Today, I invite you to follow me down a little mass migration rabbit hole. We will investigate a small part of the machinery that is bringing the migrants to Germany, in all of its utter bizarreness, and at the end we will speculate briefly about why all of this strange stuff is happening.
Our point of departure is this little story that broke a few days ago:
The offices of the public prosecutor in Berlin and Cottbus are investigating officials from the Foreign Ministry under Annalena Baerbock (Green Party). These officials are alleged to have instructed employees in German embassies and consulates to authorise applicants with incomplete or obviously forged documents to enter Germany. …
According to reports, several thousand people are said to have travelled to Germany with bad papers over the past five years. The majority of them are reported to have then applied for asylum.
According to the report, the holders of the doctored papers are said to come primarily from Syria, Afghanistan and Turkey, but also from Pakistan and various African countries. The Berlin public prosecutor’s office confirmed the investigation.
Articles like this are written to be as bland and uninteresting as possible, and I can sense your impatience already. Who cares about this, Eugyppius? We all know that corruption in the mass migration machinery must be truly prodigious.
It gets more interesting, I promise.
The prosecutors’ investigations were triggered by a series of investigative reports conducted by the news magazine Cicero last year. After the Taliban took control of Afghanistan in 2021, the German Foreign Office began working closely with various NGOs to make it as easy as possible for Afghans to leave their country and enter Germany. Cicero wanted to know how this assisted migration worked on the ground, and in this way it uncovered the astounding case of Mohammed G. and his alleged brother, Khan G.
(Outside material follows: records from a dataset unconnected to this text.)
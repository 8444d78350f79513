-- ===== src/Agents/QuietPhases.antt =====
-- The phases of `execute_issue` that neither commit nor open a pull request.
use loony_dev.Prelude.{
  ℕ, zero, suc, ◌+◌, ◌-◌, ◌==◌, Bool, true, false, ◌++◌, if◌then◌else◌, Text, codes, any_of,
  contains, refl, inl, inr, Bool-cases, Option-cases,
}
use loony_dev.Git.Commit.{Completed}
use loony_dev.Tasks.Kinds.{IssueTask}
use loony_dev.Agents.Turns.{
  failed_with, no_flag, review, Review, review_failed, no_issues, issues, World, Phase, ◌>>=◌, ◌>>◌,
  pure, invoke_claude, run_turn, command,
}
use loony_dev.Prelude.{strip, last_n}
use loony_dev.Agents.Coding.{
  on_issues, unless_last, says, parse_commit_message, default_message, closes,
  commit_message_rejection, Plan, generate_commit_message, generate_pr_body, generate_summary,
  review_turn, hook_turn, ask_review, review_rounds, review_again, before_retry, review_phase,
  implement,
}
use loony_dev.Agents.Quiet.{
  if-Quiet, Quiet, is_loud, loud-note_quiet, bind-Quiet, invoke_claude-Quiet, run_turn-Quiet,
  command-Quiet,
}

module _ (world : World) where
  module _ (plan : Plan) (t : IssueTask) where
    said :
        (choose : Completed → Text) (turn : Text)
        → Quiet (invoke_claude world no_flag turn >>= λ p. pure (choose p))
    said choose turn =
        bind-Quiet (invoke_claude world no_flag turn) (λ p. pure (choose p))
          (invoke_claude-Quiet world no_flag turn) (λ p w. (refl, tt))

    pub generate_commit_message-Quiet : Quiet (generate_commit_message world plan t)
    unfolding generate_commit_message
    generate_commit_message-Quiet w =
        elim (Option-cases (world.command_turn (codes "commit-message"))) [
          | inl e ↦ rw (generate_commit_message, e) (refl, tt)
          | inr (turn, e) ↦
              rw (generate_commit_message, e)
                (said
                  (λ p.
                    if says world plan t p
                    then parse_commit_message p.stdout
                    else default_message t.issue.number)
                  turn w)
        ]

    pub generate_pr_body-Quiet : Quiet (generate_pr_body world plan t)
    unfolding generate_pr_body
    generate_pr_body-Quiet w = elim (Bool-cases (world.diff w)) [
      | inr d ↦ rw (generate_pr_body, d) (refl, tt)
      | inl d ↦ elim (Option-cases (world.command_turn (codes "pr-body"))) [
        | inl e ↦ rw (generate_pr_body, d, e) (refl, tt)
        | inr (turn, e) ↦
            rw (generate_pr_body, d, e)
              (said (λ p. if says world plan t p then strip p.stdout else closes t.issue.number)
                turn w)
      ]
    ]

    pub generate_summary-Quiet : (output : Text) → Quiet (generate_summary world plan t output)
    unfolding generate_summary
    generate_summary-Quiet output =
        said
          (λ p.
            if says world plan t p then strip p.stdout else codes "Changes were made successfully.")
          (codes "Summarize what was done in 2-3 sentences based on this output:\n\n"
            ++ last_n 3000 output)

    review_turn-Quiet : (phase : Text) → Quiet (review_turn world plan t phase)
    unfolding review_turn
    review_turn-Quiet phase =
        bind-Quiet (command world (codes "fix-review")) (run_turn world plan.session_id phase)
          (command-Quiet world (codes "fix-review")) (run_turn-Quiet world plan.session_id phase)

    hook_turn-Quiet : Quiet (hook_turn world plan t)
    unfolding hook_turn
    hook_turn-Quiet =
        bind-Quiet (command world (codes "fix-hook"))
          (run_turn world plan.session_id (codes "hook fix"))
          (command-Quiet world (codes "fix-hook"))
          (run_turn-Quiet world plan.session_id (codes "hook fix"))

    ask_review-Quiet : Quiet (ask_review world plan t)
    unfolding ask_review is_loud
    ask_review-Quiet w = (loud-note_quiet review w refl, tt)

    on_issues-Quiet :
        (act : Phase (Unit {0})) → Quiet act → (r : Review) → Quiet (on_issues world plan t act r)
    on_issues-Quiet act h review_failed w = (refl, tt)
    on_issues-Quiet act h no_issues w = (refl, tt)
    on_issues-Quiet act h (issues prompt) w = h w

    unless_last-Quiet :
        (b : Bool) (m : Phase (Unit {0})) → Quiet m → Quiet (unless_last world plan t b m)
    unless_last-Quiet true m h w = (refl, tt)
    unless_last-Quiet false m h w = h w

    asked :
        (act : Phase (Unit {0}))
        → Quiet act
        → Quiet (ask_review world plan t >>= on_issues world plan t act)
    asked act h =
        bind-Quiet (ask_review world plan t) (on_issues world plan t act) ask_review-Quiet
          (on_issues-Quiet act h)

    review_rounds-Quiet : (left attempt : ℕ) → Quiet (review_rounds world plan t left attempt)
    unfolding review_rounds
    review_rounds-Quiet zero attempt = λ w. (refl, tt)
    review_rounds-Quiet (suc left) attempt =
        let again =
          review_turn world plan t (codes "review fix")
          >> review_rounds world plan t left (attempt + 1) in
        asked (unless_last world plan t (attempt == plan.max_review - 1) again) (
          unless_last-Quiet (attempt == plan.max_review - 1) again (
            bind-Quiet (review_turn world plan t (codes "review fix"))
              (λ _. review_rounds world plan t left (attempt + 1))
              (review_turn-Quiet (codes "review fix"))
              (λ _. review_rounds-Quiet left (attempt + 1))))

    review_again-Quiet : Quiet (review_again world plan t)
    unfolding review_again
    review_again-Quiet =
        let fix = review_turn world plan t (codes "post-hook review fix") >> pure tt in
        if-Quiet plan.cr_available (ask_review world plan t >>= on_issues world plan t fix)
          (pure tt)
          (asked fix (
            bind-Quiet (review_turn world plan t (codes "post-hook review fix")) (λ _. pure tt)
              (review_turn-Quiet (codes "post-hook review fix")) (λ _ w. (refl, tt))))
          (λ w. (refl, tt))

    pub before_retry-Quiet :
        (message output : Text) → Quiet (before_retry world plan t message output)
    unfolding before_retry
    before_retry-Quiet message output =
        if-Quiet (any_of (λ kw. contains kw (world.shell.lower output)) commit_message_rejection)
          (generate_commit_message world plan t)
          (hook_turn world plan t >> review_again world plan t >> pure message)
          generate_commit_message-Quiet
          (bind-Quiet (hook_turn world plan t >> review_again world plan t) (λ _. pure message)
            (bind-Quiet (hook_turn world plan t) (λ _. review_again world plan t) hook_turn-Quiet
              (λ _. review_again-Quiet))
            (λ _ w. (refl, tt)))

    pub review_phase-Quiet : Quiet (review_phase world plan t)
    unfolding review_phase
    review_phase-Quiet =
        if-Quiet plan.cr_available (review_rounds world plan t plan.max_review 0) (pure tt)
          (review_rounds-Quiet plan.max_review 0) (λ w. (refl, tt))

    pub implement-Quiet : Quiet (implement world plan t)
    unfolding implement failed_with
    implement-Quiet w = elim (Option-cases (world.command_turn (codes "implement-issue"))) [
      | inl e ↦ rw (implement, e) (refl, refl)
      | inr (prompt, e) ↦
          rw (implement, e) (run_turn-Quiet world plan.session_id (codes "implementation") prompt w)
    ]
Khan, who has been living in Germany since 2014, wanted to use legal provisions for family reunification to bring his brother Mohammed to join him. In October 2022, he ended up pleading his case before the Berlin Administrative Court, with the assistance of an immigration law firm:
The story that [Khan] told… was heartbreaking. He said his 14 year-old brother had fled from Afghanistan to neighbouring Pakistan and was living on the streets. He was suffering from an eye injury, Khan said, because he had been hit by shrapnel from a bomb. He now needed medication, but as he was in Pakistan illegally and had no papers, he could not see a doctor.
This story obviously sounded convincing to the representatives of the Foreign Office. They agreed to issue the requested visa for family reunification “provided that a new security check does not raise any concerns”. …
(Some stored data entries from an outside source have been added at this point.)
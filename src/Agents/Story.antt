-- ===== src/Agents/Story.antt =====
-- Which commits and pull requests a run of `execute_issue` makes, in their order.
use loony_dev.Prelude.{
  ℕ, zero, suc, ◌+◌, ◌-◌, ◌==◌, ◌≤◌, ◌<◌, Bool, true, false, List, [], ◌∷◌, ◌++◌, Option, none,
  some, Text, codes, ◌≡◌, refl, sym, ap, ◌∙◌, arith,
}
use std.Path.{subst}
use mathlib.Core.List.{append-nil, append_assoc}
use loony_dev.Github.Client.{Exception}
use loony_dev.Agents.Turns.{failed_with}
use loony_dev.Git.Commit.{Pushed, done, hook_failure, git_error, commit_and_push}
use loony_dev.Tasks.Host.{TaskResult}
use loony_dev.Tasks.Kinds.{IssueTask}
use loony_dev.Agents.Turns.{
  failed_with, Event, committed, commit_exhausted, Work, World, Step, next, finish, raised, Phase,
  go_on, ◌>>=◌, ◌>>◌, pure, note, emit,
}
use loony_dev.Agents.Coding.{
  Plan, Attempts, is_done, try_commit, on_pushed, before_retry, commit_attempts, on_wip, commit_wip,
  after_attempts, commit_phase, git_failure,
}
use loony_dev.Agents.Quiet.{is_loud, loud, loud-note, loud-note_quiet, NoSuccess}
use loony_dev.Agents.QuietPhases.{before_retry-Quiet}

-- Attempts that failed.
unfoldable pub fails : ℕ → List Event
fails zero = []
fails (suc n) = committed false false ∷ fails n

-- How the attempts end, with at most `left` of them, after the commits before.
pub data Ends (left : ℕ) (before : List Event) : Step Attempts → List Event → Type 0 where
  won :
      {now : List Event} (n : ℕ) (a : Attempts)
      → n < left
      → a.succeeded ≡ true
      → now ≡ before ++ (fails n ++ committed false true ∷ [])
      → Ends left before (next a) now
  lost :
      {now : List Event} (n : ℕ) (a : Attempts)
      → n ≤ left
      → a.succeeded ≡ false
      → now ≡ before ++ fails n
      → Ends left before (next a) now
  gave_up :
      {now : List Event} (n : ℕ) (r : TaskResult)
      → n ≤ left
      → r.success ≡ false
      → now ≡ before ++ fails n
      → Ends left before (finish r) now
  broke :
      {now : List Event} {e : Exception} (n : ℕ)
      → n ≤ left
      → now ≡ before ++ fails n
      → Ends left before (raised e) now

module _ (world : World) (plan : Plan) (t : IssueTask) where
  abbrev pushed_by : Text → Bool → Work → Pushed
  pushed_by message no_verify w =
      (commit_and_push world.shell message plan.branch no_verify w.commands).0

  try_commit-loud :
      (message : Text) (no_verify : Bool) (w : Work)
      → loud (try_commit world plan t message no_verify w).1
        ≡ loud w ++ committed no_verify (is_done world plan t (pushed_by message no_verify w)) ∷ []
  unfolding try_commit loud is_loud note
  try_commit-loud message no_verify w =
      let result = commit_and_push world.shell message plan.branch no_verify w.commands in
      loud-note (committed no_verify (is_done world plan t result.0))
        (record w { commands = result.1 })

  -- One more failed attempt before the others.
  after_failure :
      (left : ℕ) (before now : List Event) (s : Step Attempts)
      → Ends left (before ++ committed false false ∷ []) s now
      → Ends (suc left) before s now
  unfolding fails
  after_failure left before now (next x) (won n a lt ok e) =
      won (suc n) a (omega arith) ok (e ∙ append_assoc before _ _)
  after_failure left before now (next x) (lost n a le ok e) =
      lost (suc n) a (omega arith) ok (e ∙ append_assoc before _ _)
  after_failure left before now (finish x) (gave_up n r le ok e) =
      gave_up (suc n) r (omega arith) ok (e ∙ append_assoc before _ _)
  after_failure left before now (raised x) (broke n le e) =
      broke (suc n) (omega arith) (e ∙ append_assoc before _ _)

  -- A quiet phase before the others.
  after_quiet :
      (left : ℕ) (before : List Event) (f : Text → Phase Attempts) (s : Step Text) (w : Work)
      → loud w ≡ before
      → NoSuccess s
      → ((message : Text) (w' : Work)
          → Ends left (loud w') (f message w').0 (loud (f message w').1))
      → Ends left before (go_on s f w).0 (loud (go_on s f w).1)
  unfolding fails
  after_quiet left before f (next m) w e k h =
      subst (λ b. Ends left b (f m w).0 (loud (f m w).1)) e (h m w)
  after_quiet left before f (finish r) w e k h =
      gave_up 0 r (omega arith) k (e ∙ sym (append-nil before))
  after_quiet left before f (raised x) w e k h = broke 0 (omega arith) (e ∙ sym (append-nil before))

  on_pushed-Ends :
      (left : ℕ) (last : Bool) (message : Text) (hook : Option Text) (retry : Text → Phase Attempts)
      (pushed : Pushed) (before : List Event) (w : Work)
      → loud w ≡ before ++ committed false (is_done world plan t pushed) ∷ []
      → ((output : Text) (w' : Work)
          → Ends left (loud w') (retry output w').0 (loud (retry output w').1))
      → Ends
          (suc left)
          before
          (on_pushed world plan t last message hook retry pushed w).0
          (loud (on_pushed world plan t last message hook retry pushed w).1)
  unfolding is_done fails git_failure failed_with
  on_pushed-Ends left last message hook retry done before w e h = won 0 _ (omega arith) refl e
  on_pushed-Ends left last message hook retry (git_error output) before w e h =
      gave_up 1 _ (omega arith) refl e
  on_pushed-Ends left last message hook retry Pushed.called_process_error before w e h =
      broke 1 (omega arith) e
  on_pushed-Ends left true message hook retry (hook_failure output) before w e h =
      lost 1 _ (omega arith) refl e
  on_pushed-Ends left false message hook retry (hook_failure output) before w e h =
      after_failure left before (loud (retry output w).1) (retry output w).0
        (subst (λ b. Ends left b (retry output w).0 (loud (retry output w).1)) e (h output w))

  commit_attempts-Ends :
      (left attempt : ℕ) (message : Text) (hook : Option Text) (w : Work)
      → Ends left
          (loud w)
          (commit_attempts world plan t left attempt message hook w).0
          (loud (commit_attempts world plan t left attempt message hook w).1)
  unfolding commit_attempts try_commit fails
  commit_attempts-Ends zero attempt message hook w =
      lost 0 _ (omega arith) refl (sym (append-nil (loud w)))
  commit_attempts-Ends (suc left) attempt message hook w =
      let retry : Text → Phase Attempts = λ output.
        before_retry world plan t message output >>= λ message'.
        commit_attempts world plan t left (attempt + 1) message' (some output) in
      on_pushed-Ends left (attempt == plan.max_commits - 1) message hook retry
        (pushed_by message false w) (loud w) (try_commit world plan t message false w).1
        (try_commit-loud message false w)
        (λ output w'.
          let (quiet, safe) = before_retry-Quiet world plan t message output w' in
          after_quiet left (loud w')
            (λ message'. commit_attempts world plan t left (attempt + 1) message' (some output))
            (before_retry world plan t message output w').0
            (before_retry world plan t message output w').1 quiet safe
            (λ message' w''. commit_attempts-Ends left (attempt + 1) message' (some output) w''))

-- A step that returns no success and does not go on.
abbrev pub IsStop {ℓ} : {A : Type ℓ} → Step A → Type 0
IsStop (next a) = ⊥
IsStop (finish r) = r.success ≡ false
IsStop (raised e) = Unit {0}

-- How phase 3 ends.
pub data Commits (t : IssueTask) (max : ℕ) (before : List Event)
    : Step Bool → List Event → Type 0 where
  by_commit :
      {now : List Event} (n : ℕ)
      → n < max
      → now ≡ before ++ (fails n ++ committed false true ∷ [])
      → Commits t max before (next t.commit_exhausted) now
  by_wip :
      {now : List Event} (n : ℕ)
      → n ≤ max
      → now ≡ before ++ (fails n ++ committed true true ∷ [])
      → Commits t max before (next true) now
  no_commit :
      {s : Step Bool} {now : List Event} (n : ℕ)
      → IsStop s
      → n ≤ max
      → now ≡ before ++ fails n
      → Commits t max before s now
  no_wip :
      {s : Step Bool} {now : List Event} (n : ℕ) (b : Bool)
      → IsStop s
      → n ≤ max
      → now ≡ before ++ (fails n ++ committed true b ∷ [])
      → Commits t max before s now

module _ (world : World) (plan : Plan) (t : IssueTask) where
  on_wip-Commits :
      (n : ℕ) (before : List Event) (pushed : Pushed) (w : Work)
      → n ≤ plan.max_commits
      → loud w ≡ before ++ (fails n ++ committed true (is_done world plan t pushed) ∷ [])
      → let ended = on_wip world plan t pushed w in
        let after : Step Bool × Work = go_on ended.0 (λ _. pure true) ended.1 in
        Commits t plan.max_commits before after.0 (loud after.1)
  unfolding is_done git_failure failed_with
  on_wip-Commits n before done w le e = by_wip n le e
  on_wip-Commits n before (hook_failure output) w le e = no_wip n false refl le e
  on_wip-Commits n before (git_error output) w le e = no_wip n false refl le e
  on_wip-Commits n before Pushed.called_process_error w le e = no_wip n false tt le e

  commit_wip-Commits :
      (n : ℕ) (before : List Event) (a : Attempts) (w : Work)
      → n ≤ plan.max_commits
      → loud w ≡ before ++ fails n
      → let after : Step Bool × Work = (commit_wip world plan t a >> pure true) w in
        Commits t plan.max_commits before after.0 (loud after.1)
  unfolding commit_wip emit try_commit is_loud
  commit_wip-Commits n before a w le e =
      let noted = note (commit_exhausted a.hook_output) w in
      let wip = codes "[WIP] " ++ a.message in
      let pushed = pushed_by world plan t wip true noted in
      on_wip-Commits n before pushed (try_commit world plan t wip true noted).1 le (
        try_commit-loud world plan t wip true noted
        ∙ ap (λ es. es ++ committed true (is_done world plan t pushed) ∷ [])
            (loud-note_quiet (commit_exhausted a.hook_output) w refl ∙ e)
        ∙ append_assoc before (fails n) _)

  after_attempts-Commits :
      (before : List Event) (s : Step Attempts) (w : Work)
      → Ends plan.max_commits before s (loud w)
      → let after = go_on s (after_attempts world plan t) w in
        Commits t plan.max_commits before after.0 (loud after.1)
  unfolding after_attempts
  after_attempts-Commits before (next x) w (won n a lt ok e) =
      rw (after_attempts, ok) (by_commit n lt e)
  after_attempts-Commits before (next x) w (lost n a le ok e) =
      rw (after_attempts, ok) (commit_wip-Commits n before a w le e)
  after_attempts-Commits before (finish x) w (gave_up n r le ok e) = no_commit n ok le e
  after_attempts-Commits before (raised x) w (broke n le e) = no_commit n tt le e

  pub commit_phase-Commits :
      (message : Text) (w : Work)
      → let after = commit_phase world plan t message w in
        Commits t plan.max_commits (loud w) after.0 (loud after.1)
  unfolding commit_phase
  commit_phase-Commits message w =
      let ended = commit_attempts world plan t plan.max_commits 0 message none w in
      after_attempts-Commits (loud w) ended.0 ended.1
        (commit_attempts-Ends world plan t plan.max_commits 0 message none w)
But then something unusual happened: the German embassy in Islamabad refused to issue Mohammad G. a visa. They apparently had doubts about the applicant’s identity. Mohammad G., who according to his brother had no documents, presented a passport to the officials. And this passport turned out to be forged when it was checked by experts.
The Foreign Office told its embassy officials in Pakistan to ignore the forged passport and grant the visa anyway. The embassy staff pushed back, and in the end, Mohammad G. had to stay in Pakistan – a very small and symbolic victory for the forces of prudence and reason.
A few weeks later, Cicero reported more details about Mohammed’s case. They revealed that the forged passport was not the only thing that had made embassy officials suspicious. They also had good reason to doubt that Mohammed was Khan’s brother, that he had any kind of eye injury, that he was homeless, and even that he was from Afghanistan:
Mohammad G., who was said to be homeless and neglected, wore expensive (Western) clothes to all appointments, was well-groomed and was able to fill out all forms independently. He is also said to have stated that he was living with an acquaintance in Islamabad. Not a word about homelessness. He also failed to mention his eye injury, even when he was explicitly asked why he was a hardship case. According to reports, there was also no visible sign of an eye injury.
Mohammad G. spoke Dari with a Pakistani accent, and the local embassy employees suspected that he did not grow up in Afghanistan but in Pakistan. The employees also mentioned “considerable doubts” that Mohammad G. was really 14 years-old. According to independent assessments by various officials and a trained document consultant, his actual age was more likely to be between 17 and 20.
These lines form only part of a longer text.